You now own the West Point brand. Today, as the superintendent said, you join the remarkable classes if 1915 and 1965 who left West Point 100 years ago and 50 years ago, respectively, and marched into history during periods of great complexity and danger.
Now begins your time, another period of complexity and danger. History does not repeat, but it does rhyme. History may or may not find you. It may find some of you or it may find all of you. You can’t know, so you just have to be ready. And I realize that you’ve got a lot going on in your mind today and you may not be able to appreciate that.
So I’ll provide you a phrase that will help you remember that in the future, and that phrase is “Don’t believe me, just watch.” Or, as you may have heard it, [sings] “Don’t believe me, just watch!” [Laughter].
And yes, for those of you who are listening carefully, the Chairman of the Joint Chiefs just rocked Bruno Mars at your graduation. [Laughter, applause].
Actually, as far as I’m concerned, you can forget Bruno Mars, but remember this. History awaits you. We need you to be exceptional even among the graduating classes who are already out there across the globe serving and protecting us today. We don’t expect you to be super-human, but we expect you to try.
Let me say something about your commissioning. Soon after your hats hit the ground, you’re going to take an oath. Not to a sovereign ruler or to a political party, but to a set of ideas embodied in our Constitution. This is one of the things about the United States military that sets it apart from all other militaries across the world. Second lieutenant bars weigh only a few ounces, but the weight of what they represent is profound.
Very soon, America will trust its sons and daughters to your care. They’re out there, even now, awaiting your leadership. As you take your commission, you take ownership of our profession. You have to commit to the team, lead with the soul of a servant, win no matter what stands in your way, because our way of life depends on it.
And then a word about the first salute. Immediately following your commission, you’ll accept your first salute as an officer. It’s symbolic of the respect and trust that exists between leader and led within our profession.
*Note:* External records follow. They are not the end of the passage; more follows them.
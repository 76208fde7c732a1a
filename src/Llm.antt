-- ===== src/Llm.antt =====
-- backend/app/services/llm: what a model's rewrite is held to.
pub mod CommentGuard
pub mod Deletions
pub mod Prose
pub mod Guarding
In return, you will give the individual who salutes you a dollar indicating that they can count on you to earn their trust, not just today, but everyday throughout your career.
I want to show you something. I want to show you something. Hello? There we go. I want to show you something.
Back in June, well let me start with the background of this story. When I graduated 41 years ago, I asked Master Sergeant Bernie Henderson who was a noncommissioned officer in the Department of Military Instruction to take my first salute. He had been a mentor of mine as part of third class armored training at Knox. And through my cadet career, he was the one I always went to ask about what it means to have a relationship with noncommissioned officers.
He took my first salute, I handed, I signed a dollar bill and handed it to him. Last June, I got a package in the mail. By the way, we went our separate ways and I lost track of him. Last June, I got a package in the mail, in that package was this frame with this dollar bill with my signature on it, and a note. And the note said, "Dear General Dempsey, I told you I told you I would return this to you when you made general. Sorry it took me so long to send it back you. Sincerely, Bernie Henderson.” [Applause].
That was his way of letting me know that I had earned his trust. Among the many awards and citations and gifts I’ve received throughout my career, it is one of my most treasured possessions.
I came here today to deliver to you the simplest, but the most important message you will ever receive while wearing the uniform of our Army.
We trust you.
We trust you to win our nation’s wars, to be leaders of character and competence and consequence.
We trust you to leave our profession better than you find it.
As I shake your hand on this stage today, I’ll give you each a dollar bill that I’ll have signed. In the years ahead, as you confront the challenges ahead, I hope you’ll remember not who gave it to you, but what it means.
God bless the West Point class of 2015, our Army, and this great country.